The lines from the start of the records through the one containing "(All-map question-Reads p.questions" are to be transcribed exactly, and nothing else.

(Saved data entries)
□ □ □ □ □ □ □

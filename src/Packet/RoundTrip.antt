-- ===== src/Packet/RoundTrip.antt =====
-- `to_bytes` against `be_packet`.
use ddns.Prelude.{ℕ, ◌+◌, ◌*◌, ◌≤◌, ◌≡◌, arith, List, [], ◌++◌, All}
use ddns.Prelude.{append_assoc, append-nil, length, length-append, Option, some}
use ddns.Bytes.{ByteIo, IsByteIo, ok}
use ddns.Bytes.Standard.{standard, of_standard}
use ddns.Name.{NameCompression}
use ddns.Name.Table.{IsTable, IsTable-nil}
use ddns.Header.RoundTrip.{wire, put_header-standard, be_header-wire}
use ddns.Question.Defs.{be_question}
use ddns.Question.RoundTrip.{question_bytes}
use ddns.Record.Defs.{ResourceRecord, be_record}
use ddns.Record.RoundTrip.{IsRecord, record_bytes}
use ddns.Packet.Defs.{Packet, then_records, parse, to_bytes, be_packet}
use ddns.Packet.Section.{section_bytes, SectionReads, section_bytes-SectionReads}
use ddns.Packet.Sections.{
  question-Reads, record-Reads, put_questions-bytes, put_records-bytes, IsPacket, All-map,
  counts_enough,
}

module _ (try_sequence : ℕ → Option ℕ) (p : Packet) (valid : IsPacket try_sequence p) where
  head : List ℕ
  head = wire p.header

  questions : List ℕ × NameCompression
  questions = section_bytes question_bytes (length head) p.questions []

  -- A section of records behind a buffer.
  records : List ℕ → List ResourceRecord → NameCompression → List ℕ × NameCompression
  records buf rs ctx = section_bytes record_bytes (length buf) rs ctx

  answers : List ℕ × NameCompression
  answers = records (head ++ questions.0) p.answers questions.1

  nameservers : List ℕ × NameCompression
  nameservers = records (head ++ questions.0 ++ answers.0) p.nameservers answers.1

  additional : List ℕ × NameCompression
  additional =
      records (head ++ questions.0 ++ answers.0 ++ nameservers.0) p.additional nameservers.1

  questions_read : SectionReads (be_question standard) question_bytes 5 head p.questions questions
  unfolding questions
  questions_read =
      section_bytes-SectionReads (be_question standard) question_bytes 5 head p.questions []
        (All-map question-Reads p.questions valid.questions_named) (IsTable-nil head)

  records_read :
      (buf : List ℕ) (rs : List ResourceRecord) (ctx : NameCompression)
      → All (IsRecord try_sequence) rs
      → IsTable buf ctx
      → SectionReads (be_record standard try_sequence) record_bytes 11 buf rs (records buf rs ctx)
  unfolding records
  records_read buf rs ctx h table =
      section_bytes-SectionReads (be_record standard try_sequence) record_bytes 11 buf rs ctx
        (All-map (record-Reads try_sequence) rs h) table

  answers_read :
      SectionReads
        (be_record standard try_sequence)
        record_bytes
        11
        (head ++ questions.0)
        p.answers
        answers
  unfolding answers
  answers_read = records_read _ p.answers _ valid.answers_fit questions_read.true_table

  nameservers_read :
      SectionReads
        (be_record standard try_sequence)
        record_bytes
        11
        (head ++ questions.0 ++ answers.0)
        p.nameservers
        nameservers
  unfolding nameservers
  nameservers_read = records_read _ p.nameservers _ valid.nameservers_fit answers_read.true_table

  additional_read :
      SectionReads
        (be_record standard try_sequence)
        record_bytes
        11
        (head ++ questions.0 ++ answers.0 ++ nameservers.0)
        p.additional
        additional
  unfolding additional
  additional_read = records_read _ p.additional _ valid.additional_fit nameservers_read.true_table

  body : List ℕ
  body = questions.0 ++ (answers.0 ++ (nameservers.0 ++ additional.0))

  body_size :
      p.header.questions_count * 5
        + (p.header.answers_count * 11
            + (p.header.nameservers_count * 11 + p.header.additional_count * 11))
      ≤ length body
  unfolding body
  body_size =
      rw
        (
          valid.questions_counted, valid.answers_counted, valid.nameservers_counted,
          valid.additional_counted,
        )
        (omega (
          arith,
          length-append questions.0 (answers.0 ++ (nameservers.0 ++ additional.0)),
          length-append answers.0 (nameservers.0 ++ additional.0),
          length-append nameservers.0 additional.0,
          questions_read.size,
          answers_read.size,
          nameservers_read.size,
          additional_read.size,
        ))

  to_bytes-standard : to_bytes standard p ≡ some (head ++ body)
  unfolding to_bytes then_records head body questions answers nameservers additional records
  to_bytes-standard =
      rw
        (
          to_bytes,
          put_header-standard [] p.header,
          put_questions-bytes (wire p.header) p.questions [],
          put_records-bytes try_sequence (head ++ questions.0) p.answers questions.1
              valid.answers_fit questions_read.true_table,
          put_records-bytes try_sequence (head ++ questions.0 ++ answers.0) p.nameservers answers.1
              valid.nameservers_fit answers_read.true_table,
          put_records-bytes try_sequence (head ++ questions.0 ++ answers.0 ++ nameservers.0)
              p.additional nameservers.1 valid.additional_fit nameservers_read.true_table,
        )
        (simp append_assoc)

  questions_parse :
      parse (be_question standard) p.header.questions_count body (head ++ body)
      ≡ (answers.0 ++ (nameservers.0 ++ additional.0), p.questions)
  unfolding body
  questions_parse = rw valid.questions_counted (questions_read.reads _ _)

  answers_parse :
      parse
        (be_record standard try_sequence)
        p.header.answers_count
        (answers.0 ++ (nameservers.0 ++ additional.0))
        (head ++ body)
      ≡ (nameservers.0 ++ additional.0, p.answers)
  unfolding body
  answers_parse =
      let read =
        answers_read.reads (nameservers.0 ++ additional.0) (nameservers.0 ++ additional.0) in
      rw valid.answers_counted (simp append_assoc at read)

  nameservers_parse :
      parse
        (be_record standard try_sequence)
        p.header.nameservers_count
        (nameservers.0 ++ additional.0)
        (head ++ body)
      ≡ (additional.0, p.nameservers)
  unfolding body
  nameservers_parse =
      let read = nameservers_read.reads additional.0 additional.0 in
      rw valid.nameservers_counted (simp append_assoc at read)

  additional_parse :
      parse (be_record standard try_sequence) p.header.additional_count additional.0 (head ++ body)
      ≡ ([], p.additional)
  unfolding body
  additional_parse =
      let read = additional_read.reads [] [] in
      rw valid.additional_counted (simp (append_assoc, append-nil) at read)

  be_packet-standard : be_packet standard try_sequence (head ++ body) ≡ ok ([], p)
  unfolding be_packet head
  be_packet-standard = rw (
    be_header-wire p.header body valid.header_fits,
    counts_enough p.header body valid.header_fits body_size,
    questions_parse,
    answers_parse,
    nameservers_parse,
    additional_parse,
  )

-- Through every byte interface that keeps its laws, `to_bytes` writes a message and `be_packet` reads the
-- same message from all of those bytes. The header counts what the sections hold, the names can be
-- written, the numbers fit their types, and the data of each record are of its type and fit the 16
-- bits of their length. In E records
-- the flow info and the scope of IPv6 addresses are 0.
pub be_packet-to_bytes :
    (io : ByteIo)
    → IsByteIo io
    → (try_sequence : ℕ → Option ℕ) (p : Packet) → IsPacket try_sequence p
    → (bs : List ℕ) × (to_bytes io p ≡ some bs) × (be_packet io try_sequence bs ≡ ok ([], p))
be_packet-to_bytes io laws try_sequence p valid =
    of_standard
      (λ io.
        (bs : List ℕ) × (to_bytes io p ≡ some bs) × (be_packet io try_sequence bs ≡ ok ([], p)))
      laws
      (
        head try_sequence p valid ++ body try_sequence p valid,
        to_bytes-standard try_sequence p valid,
        be_packet-standard try_sequence p valid,
      )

□ □ □ □ □ □ □

Solved exercise -
filename src/Packet/RoundTrip.antt
-- ===== src/Packet/RoundTrip.antt =====
-- `to_bytes` against `be_packet`.
use ddns.Prelude.{ℕ, ◌+◌, ◌*◌, ◌≤◌, ◌≡◌, arith, List, [], ◌++◌, All}
use ddns.Prelude.{append_assoc, append-nil, length, length-append, Option, some}
use ddns.Bytes.{ByteIo, IsByteIo, ok}
use ddns.Bytes.Standard.{standard, of_standard}
use ddns.Name.{NameCompression}
use ddns.Name.Table.{IsTable, IsTable-nil}
use ddns.Header.RoundTrip.{wire, put_header-standard, be_header-wire}
use ddns.Question.Defs.{be_question}
use ddns.Question.RoundTrip.{question_bytes}
use ddns.Record.Defs.{ResourceRecord, be_record}
use ddns.Record.RoundTrip.{IsRecord, record_bytes}
use ddns.Packet.Defs.{Packet, then_records, parse, to_bytes, be_packet}
use ddns.Packet.Section.{section_bytes, SectionReads, section_bytes-SectionReads}
use ddns.Packet.Sections.{
  question-Reads, record-Reads, put_questions-bytes, put_records-bytes, IsPacket, All-map,
  counts_enough,
}

module _ (try_sequence : ℕ → Option ℕ) (p : Packet) (valid : IsPacket try_sequence p) where
  head : List ℕ
  head = wire p.header

  questions : List ℕ × NameCompression
  questions = section_bytes question_bytes (length head) p.questions []

  -- A section of records behind a buffer.
  records : List ℕ → List ResourceRecord → NameCompression → List ℕ × NameCompression
  records buf rs ctx = section_bytes record_bytes (length buf) rs ctx

  answers : List ℕ × NameCompression
  answers = records (head ++ questions.0) p.answers questions.1

  nameservers : List ℕ × NameCompression
  nameservers = records (head ++ questions.0 ++ answers.0) p.nameservers answers.1

  additional : List ℕ × NameCompression
  additional =
      records (head ++ questions.0 ++ answers.0 ++ nameservers.0) p.additional nameservers.1

  questions_read : SectionReads (be_question standard) question_bytes 5 head p.questions questions
  unfolding questions
  questions_read =
      section_bytes-SectionReads (be_question standard) question_bytes 5 head p.questions []
        (All-map question-Reads p.questions valid.questions_named) (IsTable-nil head)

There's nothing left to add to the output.